Dosas and quiches, a labor of love and inner strength

Udaya Pillalamarri
2 min readJul 20, 2020

There’s something magical about baking and cooking. It is alchemy at its best, a symbol of pure love that I equate with quiet strength. Some days are quite hard to get through, but I can always count on eggs, butter, and flour to help weather the storm within. And today was no exception.

I grew up across many countries in this world, but my summers were almost always spent in South India. My love for cooking was borne out of watching my grandmothers take great care of us during those hot months. Back in those days, electricity wasn’t always available 24/7 and they made do without food processors or electrical gadgets to cook amazing food. On the go farmers markets were common, with vegetable vendors passing by our streets to sell farm-fresh produce right at our doorstep. Menu for that day was dependent on what we were able to procure from those vendors and it varied based on supply. Some of my earliest memories revolve around good food and its a testament to my grandmothers patience, love and skill that I can (till this day) remember its taste.

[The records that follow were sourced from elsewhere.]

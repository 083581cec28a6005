-- ===== src/Grain/Tokens/Runs.antt =====
-- Tokens as maximal runs of bytes, for `tokenize` of src/grain.rs.
use timberfs.Prelude.{
  ℕ, ◌+◌, ◌-◌, ◌≤◌, ◌≡◌, refl, ap, ◌∙◌, Bool, true, false, ◌||◌, List, [], ◌∷◌, ◌++◌, Option, none,
  some, length, take, All, arith, inl, inr, Bool-cases, le→leb, take-append_eq, drop-append_eq,
}
use timberfs.Bytes.{slice, bytes_eq}
use timberfs.Bytes.LittleEndian.{bytes_eq_refl}
use timberfs.Grain.Tokens.{
  is_alphanumeric, contains, insert, in_range, end_run, start_run, tokenize_loop, tokenize,
}

abbrev pub IsAlphanumeric : ℕ → Type 0
IsAlphanumeric b = is_alphanumeric b ≡ true

-- A run does not go on to the left: nothing stands there, or it ends with another byte.
abbrev pub EndsClear : List ℕ → Type 0
EndsClear [] = Unit {0}
EndsClear (b ∷ []) = is_alphanumeric b ≡ false
EndsClear (b ∷ c ∷ bs) = EndsClear (c ∷ bs)

-- Nor to the right.
abbrev pub StartsClear : List ℕ → Type 0
StartsClear [] = Unit {0}
StartsClear (b ∷ bs) = is_alphanumeric b ≡ false

-- A maximal run of alphanumeric bytes in the data, of 3 to 64 bytes.
pub record IsToken (bytes t : List ℕ) : Type 0 where
  pub before : List ℕ
  pub after : List ℕ
  pub within : bytes ≡ before ++ (t ++ after)
  pub run : All IsAlphanumeric t
  pub clear_left : EndsClear before
  pub clear_right : StartsClear after
  pub long : 3 ≤ length t
  pub short : length t ≤ 64

pub contains-insert_same : (t : List ℕ) (ts : List (List ℕ)) → contains t (insert t ts) ≡ true
unfolding insert contains
contains-insert_same t ts = elim (Bool-cases (contains t ts)) [
  | inl e ↦ rw e e
  | inr e ↦ rw (e, bytes_eq_refl t)
]

contains-insert :
    (t u : List ℕ) (ts : List (List ℕ)) → contains t ts ≡ true → contains t (insert u ts) ≡ true
unfolding insert contains
contains-insert t u ts h = elim (Bool-cases (contains u ts)) [
  | inl e ↦ rw e h
  | inr e ↦ rw (e, h) (or_true (bytes_eq t u))
]
  where
    or_true : (b : Bool) → (b || true) ≡ true
    or_true true = refl
    or_true false = refl

contains-end_run :
    (t bytes : List ℕ) (start : Option ℕ) (i : ℕ) (out : List (List ℕ))
    → contains t out ≡ true
    → contains t (end_run bytes start i out) ≡ true
unfolding end_run
contains-end_run t bytes none i out h = h
contains-end_run t bytes (some s) i out h = elim (Bool-cases (in_range (i - s))) [
  | inl e ↦ rw e (contains-insert t (slice s (i - s) bytes) out h)
  | inr e ↦ rw e h
]

contains-tokenize_loop :
    (t bytes : List ℕ) (i : ℕ) (start : Option ℕ) (out : List (List ℕ)) (rest : List ℕ)
    → contains t out ≡ true
    → contains t (tokenize_loop bytes i start out rest) ≡ true
unfolding tokenize_loop
contains-tokenize_loop t bytes i start out [] h = contains-end_run t bytes start i out h
contains-tokenize_loop t bytes i start out (b ∷ rest) h = elim (Bool-cases (is_alphanumeric b)) [
  | inl e ↦ rw e (contains-tokenize_loop t bytes (i + 1) (start_run start i) out rest h)
  | inr e ↦ rw e (
      contains-tokenize_loop t bytes (i + 1) none (end_run bytes start i out) rest
        (contains-end_run t bytes start i out h))
]

module _ (bytes : List ℕ) where
  -- What stands to the left of a run is over when the run begins.
  over_left :
      (pre : List ℕ) (b i : ℕ) (start : Option ℕ) (out : List (List ℕ)) (rest : List ℕ)
      → EndsClear (b ∷ pre)
      → (out' : List (List ℕ)) × (tokenize_loop bytes i start out ((b ∷ pre) ++ rest)
          ≡ tokenize_loop bytes (i + length (b ∷ pre)) none out' rest)
  unfolding tokenize_loop
  over_left [] b i start out rest h = (end_run bytes start i out, rw h)
  over_left (c ∷ pre) b i start out rest h = elim (Bool-cases (is_alphanumeric b)) [
    | inl e ↦
        let (out', later) = over_left pre c (i + 1) (start_run start i) out rest h in
        (out', rw e (later ∙ ap (λ (n : ℕ). tokenize_loop bytes n none out' rest) (omega arith)))
    | inr e ↦
        let (out', later) = over_left pre c (i + 1) none (end_run bytes start i out) rest h in
        (out', rw e (later ∙ ap (λ (n : ℕ). tokenize_loop bytes n none out' rest) (omega arith)))
  ]

  through_run :
      (run : List ℕ) (s i : ℕ) (out : List (List ℕ)) (rest : List ℕ)
      → All IsAlphanumeric run
      → tokenize_loop bytes i (some s) out (run ++ rest)
        ≡ tokenize_loop bytes (i + length run) (some s) out rest
  unfolding tokenize_loop
  through_run [] s i out rest h =
      ap (λ (n : ℕ). tokenize_loop bytes n (some s) out rest) (omega arith)
  through_run (b ∷ run) s i out rest (hb, h) = rw hb (
      through_run run s (i + 1) out rest h
      ∙ ap (λ (n : ℕ). tokenize_loop bytes n (some s) out rest) (omega arith))

  found_at_end :
      (t before after : List ℕ) (i j : ℕ) (out : List (List ℕ))
      → bytes ≡ before ++ (t ++ after)
      → i ≡ length before
      → j ≡ i + length t
      → 3 ≤ length t
      → length t ≤ 64
      → contains t (end_run bytes (some i) j out) ≡ true
  unfolding end_run
  found_at_end t before after i j out e ei ej lo hi =
      rw (n, le→leb 3 (length t) lo, le→leb (length t) 64 hi, cut) (contains-insert_same t out)
    where
      n : j - i ≡ length t
      n = omega (arith, ej)

      cut : slice i (length t) bytes ≡ t
      cut =
          ap (λ b. slice i (length t) b) e
          ∙ ap (λ b. take (length t) b) (drop-append_eq i before (t ++ after) ei)
          ∙ take-append_eq (length t) t after refl

  found_from :
      (t before after : List ℕ) (i : ℕ) (out : List (List ℕ))
      → bytes ≡ before ++ (t ++ after)
      → i ≡ length before
      → All IsAlphanumeric t
      → StartsClear after
      → 3 ≤ length t
      → length t ≤ 64
      → contains t (tokenize_loop bytes i none out (t ++ after)) ≡ true
  unfolding tokenize_loop
  found_from [] before after i out e ei run right lo hi = absurd (omega (arith, lo))
  found_from (b ∷ t) before after i out e ei (hb, run) right lo hi =
      rw (hb, through_run t i (i + 1) out after run) (last after e right)
    where
      last :
          (after : List ℕ)
          → bytes ≡ before ++ ((b ∷ t) ++ after)
          → StartsClear after
          → contains (b ∷ t) (tokenize_loop bytes (i + 1 + length t) (some i) out after) ≡ true
      last [] e c = found_at_end (b ∷ t) before [] i (i + 1 + length t) out e ei (omega arith) lo hi
      last (a ∷ after) e c = rw c (
          contains-tokenize_loop (b ∷ t) bytes (i + 1 + length t + 1) none
            (end_run bytes (some i) (i + 1 + length t) out) after
            (found_at_end (b ∷ t) before (a ∷ after) i (i + 1 + length t) out e ei (omega arith) lo
              hi))

  pub complete : (t : List ℕ) → IsToken bytes t → contains t (tokenize bytes) ≡ true
  unfolding tokenize
  complete t k = parts k.before k.clear_left k.within
    where
      parts :
          (before : List ℕ)
          → EndsClear before
          → bytes ≡ before ++ (t ++ k.after)
          → contains t (tokenize_loop bytes 0 none [] bytes) ≡ true
      parts [] c e =
          ap (λ b. contains t (tokenize_loop bytes 0 none [] b)) e
          ∙ found_from t [] k.after 0 [] e refl k.run k.clear_right k.long k.short
      parts (b ∷ pre) c e =
          let (out', over) = over_left pre b 0 none [] (t ++ k.after) c in
          ap (λ b. contains t (tokenize_loop bytes 0 none [] b)) e
          ∙ ap (contains t) over
          ∙ found_from t (b ∷ pre) k.after (0 + length (b ∷ pre)) out' e (omega arith) k.run
              k.clear_right k.long k.short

My paternal grandmother was the strongest woman I knew. She had command over every aspect of life and gained much respect for her no-nonsense attitude. When I close my eyes to think of her, I can see her with a big smile on her face and keen eye for mischief. I can picture her in the kitchen, bustling around the stove, reaching for rock salt granules stored in big pots and working with vegetables for that day. There’s a giant stone mortar and pestle, where she’s busy pounding lentils and rice into a batter for dosas. It takes two days to make this batter and all of few hours to consume! Strength to me is my grandmother; fiercely independent, unapologetic in asking for what she’d wanted and a will to move forward come what may.

So when I feel as if I’m losing my step, my inner emotions at war with one another and peace asunder, I think about my grandmother and turn to my love of cooking. Shallots cooked in butter and white wine, spinach slightly wilted in a hot pan, creamy base of eggs, goat and feta cheeses, and a smooth pie crust. They came together in perfect harmony to form a gorgeous quiche that I had the fortune of sharing with friends and loved ones.

And during those precious moments, amongst smiles and laughter revolving around good food I’d prepared, the storm within abated.